# Working towards finding Clebsch-Gordan coefficients for a single electron

I'm really confused about a problem involving a single electron which eventually wants me to calculate Clebsch-Gordan coefficients. I think this is probably because, I've only ever seen examples done where there are two particles and are required to add their angular momentum.

I'm told I have an electron in a state of orbital angular momentum $l=2$.

I therefore know that its possible total angular momenta are $j=5/2$ or $j=3/2$.

I also know that there are six possible states for $m$ which are $5/2, 3/2, 1/2, -1/2, -3/2, -5/2$.

But I've been asked to construct the state vectors $\psi_{j,m}$ with total angular momentum $j=5/2$ and corresponding 3-components $m=5/2$ and $m=3/2$ as linear combinations of state vectors where I know the values of $S_{z}$ and $L_{z}$.

Firstly, "3-components" have never been mentioned on my course, so I'm a bit confused about what that means. And we just don't seem to have been given any information about how to do this for a single electron. Can anyone help get me started?

It is first important to note that it doesn't matter if you write a state in the $| l \; m_l\; s \; m_s \rangle$ basis or the $| l \;s\; j \; m \rangle$, you'll always have that $m = m_l + m_s$.

This means that

$$| l = 2, m_l = 2,s=1/2, m_s=1/2 \rangle = | l=2, s=1/2, j=5/2, m=5/2 \rangle$$ because these are the only kets in each of the bases that have $m = m_l + m_s = 5/2$.

From that you can use the lowering operators to construct the other states.

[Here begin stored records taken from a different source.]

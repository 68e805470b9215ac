-- ===== src/Presence/Storage.antt =====
-- workers/presence/src/index.ts: the maps in memory hold what the durable storage holds.
use nexnet.Common.{
  ℕ, ◌≡◌, refl, ◌≢◌, arith, false, Option, none, some, Text, codes, starts_with, text_discrete,
  subst, Option-cases, inl, inr,
}
use nexnet.Common.Prefix.{append-injective, not_prefixed}
use nexnet.Common.Map
use nexnet.Common.Map.{Map, text_key, get-set, get-delete}
use nexnet.Presence.State.{
  PresenceLeaseData, PrekeyBundleData, Stored, lease, bundle, sequence, lease_key, prekey_key,
  Tracker,
}
use nexnet.Presence.Tracker.{presence_seq, prekey_seq, drop_lease, drop_prekey}

abbrev pub stored_lease : Option PresenceLeaseData → Option Stored
stored_lease none = none
stored_lease (some l) = some (lease l)

abbrev pub stored_bundle : Option PrekeyBundleData → Option Stored
stored_bundle none = none
stored_bundle (some b) = some (bundle b)

-- A key that `ensureLoaded` passes over.
abbrev pub PassedOver : Text → Type 0
PassedOver key =
    (starts_with key (codes "lease:") ≡ false) × (starts_with key (codes "prekey:") ≡ false)

-- A value stands under a key of its kind and of the identity that it names.
abbrev pub Filed : Text → Stored → Type 0
Filed key (lease l) = key ≡ lease_key l.identity
Filed key (bundle b) = key ≡ prekey_key b.identity
Filed key (sequence n) = PassedOver key

pub prekey_key-not_lease : (j : Text) → starts_with (prekey_key j) (codes "lease:") ≡ false
unfolding starts_with
prekey_key-not_lease j = refl

pub keys_apart : (id j : Text) → prekey_key j ≢ lease_key id
keys_apart id j = not_prefixed (prekey_key j) (codes "lease:") id (prekey_key-not_lease j)

pub lease_key-injective : (id j : Text) → lease_key id ≡ lease_key j → id ≡ j
lease_key-injective id j = append-injective (codes "lease:") id j

pub prekey_key-injective : (id j : Text) → prekey_key id ≡ prekey_key j → id ≡ j
prekey_key-injective id j = append-injective (codes "prekey:") id j

pub presence_seq-PassedOver : (id : Text) → PassedOver (presence_seq id)
unfolding starts_with
presence_seq-PassedOver id = (refl, refl)

pub prekey_seq-PassedOver : (id : Text) → PassedOver (prekey_seq id)
unfolding starts_with
prekey_seq-PassedOver id = (refl, refl)

-- The two maps are what is stored, and every key is one of its value.
pub record Agrees (t : Tracker) : Type 0 where
  pub leases : (id : Text) → Map.get t.storage (lease_key id) ≡ stored_lease (Map.get t.leases id)
  pub prekeys :
      (id : Text) → Map.get t.storage (prekey_key id) ≡ stored_bundle (Map.get t.prekeys id)
  pub filed : (key : Text) (v : Stored) → Map.get t.storage key ≡ some v → Filed key v

set-Filed :
    (m : Map Text Stored) (at : Text) (v : Stored)
    → Filed at v
    → ((key : Text) (w : Stored) → Map.get m key ≡ some w → Filed key w)
    → (key : Text) (w : Stored) → Map.get (Map.set m at v) key ≡ some w
    → Filed key w
set-Filed m at v f all key w e = elim (text_discrete at key) [
  | yes p ↦
      let q : v ≡ w = ground (arith, e, p, get-set m at key v) in
      subst (λ x. Filed key x) q (subst (λ k. Filed k v) p f)
  | no n ↦ all key w (ground (arith, e, n, get-set m at key v))
]

delete-Filed :
    (m : Map Text Stored) (at : Text)
    → ((key : Text) (w : Stored) → Map.get m key ≡ some w → Filed key w)
    → (key : Text) (w : Stored) → Map.get (Map.delete m at) key ≡ some w
    → Filed key w
delete-Filed m at all key w e = all key w (ground (arith, e, get-delete m at key))

module _ (t : Tracker) (v : Agrees t) where
  -- A sequence number is written under a key that is passed over.
  pub sequence-Agrees :
      (key : Text) (n : ℕ)
      → PassedOver key
      → Agrees (record t { storage = Map.set t.storage key (sequence n) })
  sequence-Agrees key n h = record {
    leases = λ id. ground (
      arith,
      v.leases id,
      get-set t.storage key (lease_key id) (sequence n),
      not_prefixed key (codes "lease:") id h.0,
    );
    prekeys = λ id. ground (
      arith,
      v.prekeys id,
      get-set t.storage key (prekey_key id) (sequence n),
      not_prefixed key (codes "prekey:") id h.1,
    );
    filed = set-Filed t.storage key (sequence n) h v.filed;
  }

  pub lease-Agrees :
      (l : PresenceLeaseData)
      → Agrees (record t {
        leases = Map.set t.leases l.identity l;
        storage = Map.set t.storage (lease_key l.identity) (lease l);
      })
  lease-Agrees l = record {
    leases = λ id. ground (
      arith,
      v.leases id,
      get-set t.storage (lease_key l.identity) (lease_key id) (lease l),
      get-set t.leases l.identity id l,
      lease_key-injective l.identity id,
    );
    prekeys = λ id. ground (
      arith,
      v.prekeys id,
      get-set t.storage (lease_key l.identity) (prekey_key id) (lease l),
      keys_apart l.identity id,
    );
    filed = set-Filed t.storage (lease_key l.identity) (lease l) refl v.filed;
  }

  pub drop_lease-Agrees : (at : Text) → Agrees (drop_lease at t)
  unfolding drop_lease
  drop_lease-Agrees at = record {
    leases = λ id. ground (
      arith,
      v.leases id,
      get-delete t.storage (lease_key at) (lease_key id),
      get-delete t.leases at id,
      lease_key-injective at id,
    );
    prekeys = λ id. ground (
      arith,
      v.prekeys id,
      get-delete t.storage (lease_key at) (prekey_key id),
      keys_apart at id,
    );
    filed = delete-Filed t.storage (lease_key at) v.filed;
  }

  pub bundle-Agrees :
      (b : PrekeyBundleData)
      → Agrees (record t {
        prekeys = Map.set t.prekeys b.identity b;
        storage = Map.set t.storage (prekey_key b.identity) (bundle b);
      })
  bundle-Agrees b = record {
    leases = λ id. ground (
      arith,
      v.leases id,
      get-set t.storage (prekey_key b.identity) (lease_key id) (bundle b),
      keys_apart id b.identity,
    );
    prekeys = λ id. ground (
      arith,
      v.prekeys id,
      get-set t.storage (prekey_key b.identity) (prekey_key id) (bundle b),
      get-set t.prekeys b.identity id b,
      prekey_key-injective b.identity id,
    );
    filed = set-Filed t.storage (prekey_key b.identity) (bundle b) refl v.filed;
  }

  pub drop_prekey-Agrees : (at : Text) → Agrees (drop_prekey at t).0
  unfolding drop_prekey
  drop_prekey-Agrees at = elim (Option-cases (Map.get t.prekeys at)) [
    | inl none_there ↦ rw (drop_prekey, none_there) v
    | inr (b, found) ↦
        rw (drop_prekey, found)
          (record {
            leases = λ id. ground (
              arith,
              v.leases id,
              get-delete t.storage (prekey_key at) (lease_key id),
              keys_apart id at,
            );
            prekeys = λ id. ground (
              arith,
              v.prekeys id,
              get-delete t.storage (prekey_key at) (prekey_key id),
              get-delete t.prekeys at id,
              prekey_key-injective at id,
            );
            filed = delete-Filed t.storage (prekey_key at) v.filed;
          })
  ]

For example, if you want to write $| l=2, s=2, j=5/2, m=3/2 \rangle$ in the $| l \; m_l\; s \; m_s \rangle$ basis, you only need to apply the $j_-=L_-+S_-$ operator to both sides of the equation.

In the left side you apply $$(L_-+S_- )| l \, m_l\, s \, m_s \rangle = L_-| l \, m_l\, s \, m_s \rangle+S_-| l \, m_l\, s \, m_s \rangle,$$ with $$L_-| l \; m_l\; s \; m_s \rangle = \hbar\sqrt{l(l+1)-m_l(m_l-1)}| l \; m_l-1\; s \; m_s \rangle$$ and $$S_-| l \; m_l\; s \; m_s \rangle = \hbar\sqrt{s(s+1)-m_s(m_s-1)}| l \; m_l\; s \; m_s-1 \rangle.$$.

On the right side $$j_- | l \;s\; j \; m \rangle = \hbar\sqrt{j(j+1)-m(m-1)} | l \;s\; j \; m-1 \rangle$$

Put everything together and you'll find what you're after.

• I think I'm really confused about what's going on here, any suggestions of where I could look to have another go at starting to build from the ground up? – user37154 Nov 3 '14 at 21:27
• I found section 7.1 in this notes quite useful for a full-disclosure treatment of the subject. I will expand my answer to try and clarify. – Asaf Nov 3 '14 at 21:46
• @user37154 I've updated my answer. Let me know if something is unclear. – Asaf Nov 3 '14 at 22:32
• How come you have $s=2$ in $|l=2,s=2,j=5/2,m=3/2⟩$, I thought $s=1/2$ always for a fermion? (Thanks for expanding, think I'm starting to get it) – user37154 Nov 3 '14 at 22:33
• It was a typo :P – Asaf Nov 3 '14 at 22:35